# Question about film processing



## telex95 (Nov 20, 2004)

After the film is pull out of the film canister and into the tank, is there time limit on how long the film can 
stay in the tank before adding the developer? 

The reason for asking is that I would like to load the film onto the reel at home, then bring it to school to develop.

Thanks in advance!


----------



## aggiezach (Nov 20, 2004)

As long as your developing tank is light tight (which it should be, of course), you can theoretically leave it in there as long as you need. It doesn't expire any faster out of the canister (provided that it is kept in a light free environment)



Zach


----------



## Hertz van Rental (Nov 20, 2004)

You also need to keep the film cool and dry. As long as these three criteria are met you should have no problems.
Although... do ensure that the spiral cannot slip up to the top of the tank when you are moving it around. This can happen with some makes and it means that when you put the chemicals in you can get a band of unexposed film where it has not been completely immersed.


----------



## Saeid (Nov 21, 2004)

And of course the tank should be perfectly clean (it should always be to get good results)... cause if it contains any chemicals, it will damage the film!
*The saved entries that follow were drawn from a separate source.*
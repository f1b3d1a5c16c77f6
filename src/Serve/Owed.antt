-- ===== src/Serve/Owed.antt =====
-- crates/ignis/src/http.rs over reactor.rs: what an exchange leaves behind, and when it cancels.
use ignis.Shared.{
  ℕ, ◌+◌, ◌<◌, ◌≡◌, refl, sym, subst, ◌∙◌, inl, inr, Bool, true, List, [], ◌∷◌, ◌++◌, none, some,
  Bytes, length, lookup, u64_mod, Bool-cases, Option-cases,
}
use ignis.Reactor.{Reactor, Completion, cancelled}
use ignis.Reactor.Answers.{cancel_request, drop_receiver}
use ignis.Reactor.Answers.Invariant.{Inv}
use ignis.Serve.{
  CancelOnDrop, drop_guard, plain, channel_body, Exchange, waiting, sending, over, hangs_up, Move,
  run, happen, drop_exchange, handle, awaits, Collected,
}
use ignis.Serve.Kept.{Owes, Kept}
use ignis.Serve.Answered.{true_not_false}
use ignis.Serve.Steps.{run-Kept, handle-Kept}

-- The completions after a request is given up: one more, where it is owed an answer.
abbrev pub cancellation : (id now : ℕ) → Reactor → List Completion
cancellation id now r = elim (lookup id r.answers) [
  | some _ ↦ r.from_tokio ++ record { id = id; outcome = cancelled now } ∷ []
  | none ↦ r.from_tokio
]

cancel-cancellation :
    (r : Reactor) (id now : ℕ)
    → r.connected ≡ true
    → (cancel_request r id now).from_tokio ≡ cancellation id now r
unfolding cancel_request
cancel-cancellation r id now k = elim (Option-cases (lookup id r.answers)) [
  | inl q ↦ rw (q, cancel_request, cancellation) refl
  | inr (a, q) ↦ rw (q, k, cancel_request, cancellation) refl
]

guard-cancellation :
    (id now : ℕ) (guard : CancelOnDrop) (r : Reactor)
    → r.connected ≡ true
    → guard.id ≡ id
    → (guard.answered ≡ true → lookup id r.answers ≡ none)
    → (drop_guard guard now r).from_tokio ≡ cancellation id now r
unfolding drop_guard
guard-cancellation id now guard r k i a = elim (Bool-cases guard.answered) [
  | inl y ↦ rw (y, drop_guard) (rw (a y, cancellation) refl)
  | inr z ↦ rw (z, i, drop_guard) (cancel-cancellation r id now k)
]

drop-cancellation :
    (id now : ℕ) (exchange : Exchange) (r : Reactor)
    → Kept id (r, exchange)
    → (drop_exchange now exchange r).from_tokio ≡ cancellation id now r
unfolding drop_exchange drop_receiver
drop-cancellation id now (waiting guard) r k =
    let (i, a, n) = k.owes in
    guard-cancellation id now guard r k.inv.connected i (λ y. elim (true_not_false (sym y ∙ a)) [ ])
drop-cancellation id now (sending (plain bytes)) r k = rw (k.owes, cancellation) refl
drop-cancellation id now (sending (channel_body guard)) r k =
    let (i, n, m, done) = k.owes in guard-cancellation id now guard r k.inv.connected i done
drop-cancellation id now over r k = rw (k.owes, cancellation) refl

-- From a well-formed reactor, a request that is delivered to a thread, and then any calls of the
-- thread and of other requests, and any polls of hyper, fewer than the ids that are left: where
-- the exchange is over, be it that the client left at any time, nothing is owed to the request
-- any more, so its id counts no longer for the thread's load.
pub over_owes_nothing :
    (path : Bytes) (is_grpc : Bool) (method uri : Bytes) (headers : List (Bytes × Bytes))
    (body : Collected) (r : Reactor) (guard : CancelOnDrop) (steps : List Move)
    → Inv r
    → r.next_id + 1 < u64_mod
    → (handle path is_grpc method uri headers body r).1 ≡ awaits guard
    → (handle path is_grpc method uri headers body r).0.next_id + length steps < u64_mod
    → (run steps ((handle path is_grpc method uri headers body r).0, waiting guard)).1 ≡ over
    → lookup guard.id
        (run steps ((handle path is_grpc method uri headers body r).0, waiting guard)).0.answers
      ≡ none
over_owes_nothing path is_grpc method uri headers body r guard steps v b e l o =
    let (after, exchange) =
      run steps ((handle path is_grpc method uri headers body r).0, waiting guard) in
    let kept : Kept guard.id (after, exchange) =
      run-Kept guard.id steps _ l
        (handle-Kept path is_grpc method uri headers body r guard b v e) in
    subst (λ (x : Exchange). Owes guard.id x after) o kept.owes

-- From a well-formed reactor, a request that is delivered to a thread, and then any calls of the
-- thread and of other requests, and any polls of hyper, fewer than the ids that are left: when
-- hyper drops the exchange then, the thread is sent one completion, the cancellation of the
-- request, if the request is still owed an answer, and none if not.
pub hang_up_cancels :
    (path : Bytes) (is_grpc : Bool) (method uri : Bytes) (headers : List (Bytes × Bytes))
    (body : Collected) (r : Reactor) (guard : CancelOnDrop) (steps : List Move) (now : ℕ)
    → Inv r
    → r.next_id + 1 < u64_mod
    → (handle path is_grpc method uri headers body r).1 ≡ awaits guard
    → (handle path is_grpc method uri headers body r).0.next_id + length steps < u64_mod
    → let (after, exchange) =
        run steps ((handle path is_grpc method uri headers body r).0, waiting guard) in
      (happen hangs_up now (after, exchange)).0.from_tokio ≡ cancellation guard.id now after
unfolding happen
hang_up_cancels path is_grpc method uri headers body r guard steps now v b e l =
    drop-cancellation guard.id now _ _
      (run-Kept guard.id steps _ l (handle-Kept path is_grpc method uri headers body r guard b v e))
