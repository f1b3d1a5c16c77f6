-- ===== src/Serve/Examples.antt =====
-- The theorems on an exchange at a request whose client leaves while the answer streams.
use ignis.Shared.{
  ◌+◌, ◌<◌, ◌≡◌, refl, true, false, List, [], ◌∷◌, none, codes, lookup, insert, remove, arith,
  u64_mod,
}
use ignis.Reactor.{Reactor, new}
use ignis.Reactor.Answers.{deliver_request_with_id, respond_start, drop_receiver, stream_sender}
use ignis.Reactor.Calls.{apply, starts}
use ignis.Reactor.Answers.Invariant.{new-Inv}
use ignis.Serve.{
  CancelOnDrop, whole_body, over, awaits, waiting, Move, calls, moves, polls_request, polls_body,
  hangs_up, run, happen, handle, handle_php, collect_body, poll_request, answer, php_response,
  poll_frame, disarmed_for_this_answer,
}
use ignis.Serve.Owed.{cancellation, over_owes_nothing, hang_up_cancels}

abbrev idle : Reactor
idle = new 0

abbrev guard : CancelOnDrop
guard = record { id = 1; answered = false }

abbrev begun : Reactor
begun = (handle (codes "/feed") false (codes "GET") (codes "/feed") [] (whole_body []) idle).0

abbrev streamed : List Move
streamed =
    moves (polls_request true) 5
    ∷ calls (starts 1 200 [] 16)
    ∷ moves (polls_request true) 6
    ∷ moves (polls_body false) 7
    ∷ []

idle-awaits :
    (handle (codes "/feed") false (codes "GET") (codes "/feed") [] (whole_body []) idle).1
    ≡ awaits guard
unfolding handle handle_php collect_body deliver_request_with_id new insert
idle-awaits = refl

few_ids : begun.next_id + 5 < u64_mod
unfolding handle handle_php collect_body deliver_request_with_id new insert
few_ids = omega arith

over_after : (run (moves hangs_up 9 ∷ []) (begun, waiting guard)).1 ≡ over
unfolding run happen
over_after = refl

fewer_ids : begun.next_id + 1 < u64_mod
fewer_ids = omega (arith, few_ids)

first_ids : idle.next_id + 1 < u64_mod
unfolding new
first_ids = omega arith

over_owes_nothing_example :
    lookup 1 (run (moves hangs_up 9 ∷ []) (begun, waiting guard)).0.answers ≡ none
over_owes_nothing_example =
    over_owes_nothing (codes "/feed") false (codes "GET") (codes "/feed") [] (whole_body []) idle
      guard (moves hangs_up 9 ∷ []) (new-Inv 0) first_ids idle-awaits fewer_ids over_after

-- The chunks are still being sent.
stream_owed : stream_sender (run streamed (begun, waiting guard)).0 1 ≡ true
unfolding run happen handle handle_php collect_body deliver_request_with_id new insert lookup remove
    apply respond_start poll_request answer php_response drop_receiver disarmed_for_this_answer
    poll_frame stream_sender
stream_owed = refl

less_ids : begun.next_id + 4 < u64_mod
less_ids = omega (arith, few_ids)

hang_up_cancels_example :
    (happen hangs_up 9 (run streamed (begun, waiting guard))).0.from_tokio
    ≡ cancellation 1 9 (run streamed (begun, waiting guard)).0
hang_up_cancels_example =
    hang_up_cancels (codes "/feed") false (codes "GET") (codes "/feed") [] (whole_body []) idle
      guard streamed 9 (new-Inv 0) first_ids idle-awaits less_ids
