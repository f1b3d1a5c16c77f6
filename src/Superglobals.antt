-- ===== src/Superglobals.antt =====
-- crates/ignis/src/php/superglobals.rs: whose $_SERVER, $_GET, $_POST and $_COOKIE the symbol table
-- holds. A fiber is named by its context; a value stands for a zval, without its count of references.
pub mod Events
pub mod Isolation
pub mod Orphan
mod Examples
use ignis.Shared.{
  ℕ, suc, ◌≡◌, refl, Bool, true, false, ◌&&◌, List, [], ◌∷◌, Option, none, some, ◌==◌,
  if◌then◌else◌, lookup, insert, remove,
}

-- The four entries of the symbol table; none is IS_UNDEF.
pub record Arrays : Type 0 where
  pub server : Option ℕ
  pub get : Option ℕ
  pub post : Option ℕ
  pub cookie : Option ℕ

abbrev pub undef4 : Arrays
undef4 = record { server = none; get = none; post = none; cookie = none }

-- An IS_UNDEF entry leaves the current value in place.
abbrev over : Option ℕ → Option ℕ → Option ℕ
over none now = now
over (some v) now = some v

-- A thread's state. `claimed`: the process has a reserved slot for contexts. `view`: the isolated
-- fiber whose arrays the symbol table holds, none for the base world. `slots`: what an isolated
-- fiber's context keeps.
pub record Scopes : Type 0 where
  pub claimed : Bool
  pub table : Arrays
  pub base : Option Arrays
  pub view : Option ℕ
  pub slots : List (ℕ × Arrays)
  pub switches : ℕ

unfoldable pub install : Arrays → Scopes → Scopes
install vals w = record w {
  table = record {
    server = over vals.server w.table.server;
    get = over vals.get w.table.get;
    post = over vals.post w.table.post;
    cookie = over vals.cookie w.table.cookie;
  };
}

-- What the symbol table holds goes to its owner's slot, or to the base.
unfoldable pub save_current_view : Scopes → Scopes
save_current_view w = elim w.view [
  | none ↦ record w { base = some w.table }
  | some owner ↦ if w.claimed then record w { slots = insert owner w.table w.slots } else w
]

-- The running fiber gets its own slot, if it has none; none is {main}.
unfoldable pub isolate_current : (active : Option ℕ) → Scopes → Scopes
unfolding save_current_view
isolate_current none w = w
isolate_current (some ctx) w =
    let saved = save_current_view w in
    elim (lookup ctx w.slots) [
      | some vals ↦ w
      | none ↦
          if w.claimed
          then record saved { slots = insert ctx undef4 saved.slots; view = some ctx }
          else w
    ]

unfoldable pub set_superglobals : (active : Option ℕ) → Arrays → Scopes → Scopes
unfolding isolate_current install
set_superglobals active vals w = install vals (isolate_current active w)

abbrev is_owner : ℕ → Option ℕ → Bool
is_owner to none = false
is_owner to (some owner) = owner == to

abbrev install_base : Option Arrays → Scopes → Scopes
install_base none w = w
install_base (some base) w = install base w

-- The fiber-switch observer. A fiber without a slot keeps whatever is installed.
unfoldable pub on_switch : (to : ℕ) → (to_main : Bool) → Scopes → Scopes
unfolding install save_current_view
on_switch to to_main w =
    let counted = record w { switches = suc w.switches } in
    let saved = save_current_view counted in
    if w.claimed
    then elim (lookup to w.slots) [
      | some vals ↦
          if is_owner to w.view then counted else record (install vals saved) { view = some to }
      | none ↦
          if to_main
          then elim w.view [
            | none ↦ counted
            | some owner ↦ record (install_base saved.base saved) { view = none }
          ]
          else counted
    ]
    else counted

unfoldable pub on_destroy : (ctx : ℕ) → Scopes → Scopes
on_destroy ctx w =
    if w.claimed
    then record w {
      slots = remove ctx w.slots;
      view = if is_owner ctx w.view then none else w.view;
    }
    else w
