-- ===== src/Config/Tls.antt =====
-- internal/config/config.go: the certificates of a deployment.
use nexus_relay.Common.{
  ◌*◌, String, Bool, false, not, ◌&&◌, ◌||◌, Option, none, some, [], ◌∷◌, ◌==◌, if◌then◌else◌,
  plain, setting, Result, ok, ◌>>=◌, ◌>>◌, fail_if, or_fail,
}
use nexus_relay.Config.Endpoint.{Endpoints}
use nexus_relay.Config.Library.{Library, Url, Host, FileInfo, regular}
use nexus_relay.Config.Secret.{is_kind, read_simple_secret, validate_protected_file}
use nexus_relay.Config.Setting.{
  Values, value, required_path, clean_nonempty, one_of, is_production_grade,
}

pub record Tls : Type 0 where
  pub mode : String
  pub certificate_file : String
  pub key_file : String
  pub acme_email : String
  pub acme_dns_provider : String
  pub acme_dns_api_token : String

abbrev is_regular : Option FileInfo → Bool
is_regular none = false
is_regular (some info) = is_kind info.kind regular

unfoldable pub readable_regular : Library → Host → String → String → Result (Unit {0})
readable_regular go host name path = do
  fail_if (path == "") (setting name "is required")
  fail_if (not (is_regular (host.stat path))) (setting name "must name a readable regular file")
  file ←
      or_fail (host.open_file (go.clean_path path))
        (setting name "must name a readable regular file")
  ok tt

-- the scheme of a URL that is not nil, as both of a deployment are
abbrev pub scheme_of : Option Url → String
scheme_of none = ""
scheme_of (some url) = url.scheme

-- the token of the ACME mode; the other modes have none
unfoldable pub parse_acme : Library → Host → Values → Result String
parse_acme go host v = do
  address ←
      or_fail (go.parse_address (value v "ACME_EMAIL" ""))
        (plain "ACME_EMAIL must be a valid email address in acme mode")
  clean_nonempty "ACME_DNS_PROVIDER" (value v "ACME_DNS_PROVIDER" "")
  read_simple_secret host "ACME_DNS_API_TOKEN_FILE"
      (required_path v "ACME_DNS_API_TOKEN_FILE" "/run/secrets/acme_dns_api_token") (8 * 1024)

unfoldable pub check_tls_files : Library → Host → Values → Result (Unit {0})
check_tls_files go host v = do
  readable_regular go host "TLS_CERT_FILE" (value v "TLS_CERT_FILE" "")
  validate_protected_file host "TLS_KEY_FILE" (value v "TLS_KEY_FILE" "")

unfoldable pub parse_tls : Library → Host → Values → String → Endpoints → Result Tls
parse_tls go host v environment endpoints = do
  let mode = value v "TLS_MODE" "disabled"
  fail_if (not (one_of mode ("disabled" ∷ "files" ∷ "acme" ∷ [])))
      (plain "TLS_MODE must be disabled, files, or acme")
  if mode == "files" then check_tls_files go host v else ok tt
  token ← if mode == "acme" then parse_acme go host v else ok ""
  fail_if
      (is_production_grade environment
        && (not (scheme_of endpoints.public_api_base_url == "https")
            || not (scheme_of endpoints.admin_base_url == "https")))
      (plain "production endpoints require https")
  ok (record {
    mode = mode;
    certificate_file = value v "TLS_CERT_FILE" "";
    key_file = value v "TLS_KEY_FILE" "";
    acme_email = value v "ACME_EMAIL" "";
    acme_dns_provider = value v "ACME_DNS_PROVIDER" "";
    acme_dns_api_token = token;
  })
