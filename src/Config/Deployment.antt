-- ===== src/Config/Deployment.antt =====
-- internal/config/config.go: what only a whole deployment has: the database passwords, the
-- tunnel and the private admin network. The Go loops over maps take their entries in any order; the
-- order here is that of the source.
pub mod Laws
use Prim.Native.Char.{code}
use nexus_relay.Common.{
  ℕ, ◌*◌, String, Bool, true, false, not, ◌&&◌, ◌||◌, Option, none, some, List, [], ◌∷◌, is_some,
  ◌==◌, if◌then◌else◌, Map, lookup, insert, Error, plain, setting, must_equal, clash, Result, ok,
  err, ◌>>=◌, ◌>>◌, fail_if, or_fail,
}
use nexus_relay.Config.Connection.{parse_database_ssl_mode, parse_redis_deployment}
use nexus_relay.Config.Endpoint.{Endpoints, parse_endpoints}
use nexus_relay.Config.Inventory.{deployment}
use nexus_relay.Config.KeyFile.{read_cloudflare_credentials}
use nexus_relay.Config.Library.{Library, Url, Host, FileInfo, regular}
use nexus_relay.Config.Preflight.{preflight}
use nexus_relay.Config.Secret.{is_kind, read_simple_secret, validate_protected_file}
use nexus_relay.Config.Service.{SharedDeployment, HttpSettings, parse_shared, parse_http}
use nexus_relay.Config.Tls.{Tls, scheme_of, parse_tls}
use nexus_relay.Config.Setting.{
  Values, value, required_path, clean_nonempty, one_of, integer, boolean, is_production_grade,
}

pub record Cloudflare : Type 0 where
  pub enabled : Bool
  pub tunnel_id : String
  pub credentials_file : String

-- less the users, which are constants
pub record DatabaseInventory : Type 0 where
  pub name : String
  pub password_files : Map String
  pub ssl_mode : String

pub record Deployment : Type 0 where
  pub shared : SharedDeployment
  pub endpoints : Endpoints
  pub http : HttpSettings
  pub https_port : ℕ
  pub tls : Tls
  pub database : DatabaseInventory
  pub redis_password : String
  pub cloudflare : Cloudflare
  pub tailscale_enabled : Bool

abbrev pub fixed_users : Map String
fixed_users =
    ("POSTGRES_USER", "nexusrelay_cluster_admin")
    ∷ ("DATABASE_MIGRATION_USER", "nexusrelay_migration")
    ∷ ("DATABASE_GATEWAY_USER", "nexusrelay_gateway")
    ∷ ("DATABASE_CONTROL_PLANE_USER", "nexusrelay_control_plane")
    ∷ ("DATABASE_WORKER_USER", "nexusrelay_worker")
    ∷ []

unfoldable pub check_users : Values → Map String → Result (Unit {0})
check_users v [] = ok tt
check_users v ((name, expected) ∷ users) = do
  fail_if (not (value v name expected == expected)) (must_equal name expected)
  check_users v users

abbrev default_paths : Map String
default_paths =
    ("POSTGRES_PASSWORD_FILE", "/run/secrets/postgres_cluster_admin_password")
    ∷ ("DATABASE_MIGRATION_PASSWORD_FILE", "/run/secrets/postgres_migration_password")
    ∷ ("DATABASE_GATEWAY_PASSWORD_FILE", "/run/secrets/postgres_gateway_password")
    ∷ ("DATABASE_CONTROL_PLANE_PASSWORD_FILE", "/run/secrets/postgres_control_plane_password")
    ∷ ("DATABASE_WORKER_PASSWORD_FILE", "/run/secrets/postgres_worker_password")
    ∷ []

abbrev given_paths : Values → Map String → Map String
given_paths v [] = []
given_paths v ((name, fallback) ∷ paths) = (name, value v name fallback) ∷ given_paths v paths

abbrev pub password_paths : Values → Map String
password_paths v = given_paths v default_paths

abbrev name_in : Option String → String
name_in none = ""
name_in (some name) = name

-- The loop over the password files: `seen` and `seen_values` name the setting of each cleaned path
-- and of each password so far.
unfoldable pub check_passwords :
    Library → Host → Map String → Map String → Map String → Result (Map String)
check_passwords go host [] seen seen_values = ok seen_values
check_passwords go host ((name, path) ∷ paths) seen seen_values = do
  fail_if (path == "") (setting name "must name a secret file")
  fail_if (is_some (lookup (go.clean_path path) seen))
      (clash (name_in (lookup (go.clean_path path) seen)) name "must name distinct files")
  secret ← read_simple_secret host name path (4 * 1024)
  fail_if (is_some (lookup secret seen_values))
      (clash (name_in (lookup secret seen_values)) name "must contain distinct passwords")
  check_passwords go host paths (insert (go.clean_path path) name seen)
      (insert secret name seen_values)

unfoldable pub parse_database_inventory :
    Library → Host → Values → String → Result DatabaseInventory
parse_database_inventory go host v environment = do
  let name = value v "POSTGRES_DB" "nexusrelay"
  fail_if (not (name == value v "DATABASE_NAME" "nexusrelay"))
      (plain "POSTGRES_DB must equal DATABASE_NAME")
  check_users v fixed_users
  passwords ← check_passwords go host (password_paths v) [] []
  mode ← parse_database_ssl_mode v environment
  ok (record { name = name; password_files = password_paths v; ssl_mode = mode })

unfoldable pub validate_public_tunnel_hosts : Library → Endpoints → Result (Unit {0})
validate_public_tunnel_hosts go e =
    if not (go.equal_fold e.public_api_host e.admin_host)
    then ok tt
    else if e.admin_exposure == "private"
    then err (plain "ENABLE_CLOUDFLARE_TUNNEL cannot publish the private ADMIN_HOST")
    else err (plain "ENABLE_CLOUDFLARE_TUNNEL requires PUBLIC_API_HOST and ADMIN_HOST to differ")

-- the checks of a tunnel that is enabled
unfoldable pub check_tunnel : Library → Host → Endpoints → Tls → Cloudflare → Result (Unit {0})
check_tunnel go host endpoints tls config = do
  fail_if (not (scheme_of endpoints.public_api_base_url == "https"))
      (plain "ENABLE_CLOUDFLARE_TUNNEL requires PUBLIC_API_BASE_URL to use https")
  fail_if (not (tls.mode == "acme") || not (tls.acme_dns_provider == "cloudflare"))
      (plain "ENABLE_CLOUDFLARE_TUNNEL requires TLS_MODE=acme and ACME_DNS_PROVIDER=cloudflare")
  validate_public_tunnel_hosts go endpoints
  clean_nonempty "CLOUDFLARE_TUNNEL_ID" config.tunnel_id
  credentials ← read_cloudflare_credentials go host config.credentials_file
  fail_if (not (credentials.tunnel_id == config.tunnel_id))
      (plain "CLOUDFLARE_TUNNEL_CREDENTIALS_FILE must match CLOUDFLARE_TUNNEL_ID")

unfoldable pub parse_cloudflare : Library → Host → Values → Endpoints → Tls → Result Cloudflare
parse_cloudflare go host v endpoints tls = do
  enabled ← boolean v "ENABLE_CLOUDFLARE_TUNNEL" false
  let config : Cloudflare = record {
    enabled = enabled;
    tunnel_id = value v "CLOUDFLARE_TUNNEL_ID" "";
    credentials_file =
        value v "CLOUDFLARE_TUNNEL_CREDENTIALS_FILE"
          "/run/secrets/cloudflare_tunnel_credentials.json";
  }
  if enabled then check_tunnel go host endpoints tls config else ok tt
  ok config

-- whether the private admin network is enabled, which is not supported
unfoldable pub parse_tailscale : Values → Result Bool
parse_tailscale v = do
  enabled ← boolean v "ENABLE_TAILSCALE_PRIVATE_ADMIN" false
  fail_if enabled
      (plain "ENABLE_TAILSCALE_PRIVATE_ADMIN=true is unsupported while ADR 0002 is Proposed")
  ok false

unfoldable pub parse_deployment : Library → Host → Values → Result Deployment
parse_deployment go host v = do
  preflight v deployment
  shared ← parse_shared v
  endpoints ← parse_endpoints go v shared.environment
  http ← parse_http go v
  https_port ← integer v "HTTPS_PORT" 8443 1 65535
  tls ← parse_tls go host v shared.environment endpoints
  database ← parse_database_inventory go host v shared.environment
  redis_password ← parse_redis_deployment go host v
  cloudflare ← parse_cloudflare go host v endpoints tls
  tailscale ← parse_tailscale v
  ok (record {
    shared = shared;
    endpoints = endpoints;
    http = http;
    https_port = https_port;
    tls = tls;
    database = database;
    redis_password = redis_password;
    cloudflare = cloudflare;
    tailscale_enabled = tailscale;
  })
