-- ===== src/Config/Policy/Gateway.antt =====
-- internal/config/config.go: parseGatewayPolicy. Durations are in nanoseconds.
pub mod Bounds
pub mod Defaults
use nexus_relay.Common.{
  ℕ, ◌+◌, ◌*◌, ◌/◌, ◌%◌, ◌^◌, ◌≤◌, ◌<◌, ◌≡◌, refl, List, [], ◌∷◌, String, ◌||◌, arith, ltb, leb,
  ltb→le, leb→lt, plain, Result, ok, fail_if, IsAbsent,
}
use nexus_relay.Common.{◌>>=◌, ◌>>◌}
use nexus_relay.Config.Library.{Library, ReadsDurations}
use nexus_relay.Config.Setting.{
  Values, millisecond, second, minute, hour, duration, integer, int64_value,
}

pub record GatewayPolicy : Type 0 where
  pub request_body_max_bytes : ℕ
  pub upstream_connect_timeout : ℕ
  pub upstream_first_byte_timeout : ℕ
  pub upstream_idle_timeout : ℕ
  pub upstream_total_timeout : ℕ
  pub max_upstream_attempts : ℕ

unfoldable pub parse_gateway_policy : Library → Values → Result GatewayPolicy
parse_gateway_policy go v = do
  body ← int64_value v "REQUEST_BODY_MAX_BYTES" 10485760 1 (1024 * 1024 * 1024)
  connect ← duration go v "UPSTREAM_CONNECT_TIMEOUT" (10 * second) millisecond (10 * minute)
  first ← duration go v "UPSTREAM_FIRST_BYTE_TIMEOUT" (60 * second) millisecond (30 * minute)
  idle ← duration go v "UPSTREAM_IDLE_TIMEOUT" (60 * second) millisecond (30 * minute)
  total ← duration go v "UPSTREAM_TOTAL_TIMEOUT" (10 * minute) millisecond (24 * hour)
  fail_if (ltb total connect || ltb total first || ltb total idle)
      (plain "each upstream stage timeout must not exceed UPSTREAM_TOTAL_TIMEOUT")
  attempts ← integer v "MAX_UPSTREAM_ATTEMPTS" 3 1 20
  ok (record {
    request_body_max_bytes = body;
    upstream_connect_timeout = connect;
    upstream_first_byte_timeout = first;
    upstream_idle_timeout = idle;
    upstream_total_timeout = total;
    max_upstream_attempts = attempts;
  })
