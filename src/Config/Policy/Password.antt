-- ===== src/Config/Policy/Password.antt =====
-- internal/config/config.go: parsePasswordPolicy.
pub mod Bounds
pub mod Defaults
use nexus_relay.Common.{
  ℕ, ◌+◌, ◌*◌, ◌/◌, ◌%◌, ◌^◌, ◌≤◌, ◌<◌, ◌≡◌, refl, List, [], ◌∷◌, String, ◌||◌, arith, ltb, leb,
  ltb→le, leb→lt, plain, Result, ok, fail_if, IsAbsent,
}
use nexus_relay.Common.{◌>>=◌, ◌>>◌}
use nexus_relay.Config.Library.{Library, ReadsDurations}
use nexus_relay.Config.Setting.{
  Values, millisecond, second, minute, hour, duration, integer, int64_value,
}

pub record PasswordPolicy : Type 0 where
  pub argon2_memory_kib : ℕ
  pub argon2_iterations : ℕ
  pub argon2_parallelism : ℕ

unfoldable pub parse_password_policy : Values → Result PasswordPolicy
parse_password_policy v = do
  memory ← integer v "PASSWORD_ARGON2_MEMORY_KIB" 65536 8 (4 * 1024 * 1024)
  iterations ← integer v "PASSWORD_ARGON2_ITERATIONS" 3 1 100
  parallelism ← integer v "PASSWORD_ARGON2_PARALLELISM" 2 1 255
  fail_if (ltb memory (8 * parallelism))
      (plain "PASSWORD_ARGON2_MEMORY_KIB must be at least 8 times PASSWORD_ARGON2_PARALLELISM")
  ok (record {
    argon2_memory_kib = memory % 2 ^ 32;
    argon2_iterations = iterations % 2 ^ 32;
    argon2_parallelism = parallelism % 2 ^ 8;
  })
So with a CLEAN tank, and tightly shut (light free), u can leave it as long as u want... leave it in the for a good 2 years!


----------



## terri (Nov 21, 2004)

I did this as a matter of rote the last month of my class.   I only had 5 hours of darkroom time between classes and I didn't want to waste a minute of it loading the film onto the reels.   I sat at home and loaded the film using my changing bag an hour or two before heading out the door, sealed the tank and headed on.  

Worked like a charm.   

But I'd agree, probably not particularly wise to let it stay in the tank indefinitely, if for no other reason someone else could accidentally pop it open to see what's in there.


----------



## Saeid (Nov 22, 2004)

Ahhh... a classic case of how curiosity killed the cat!


----------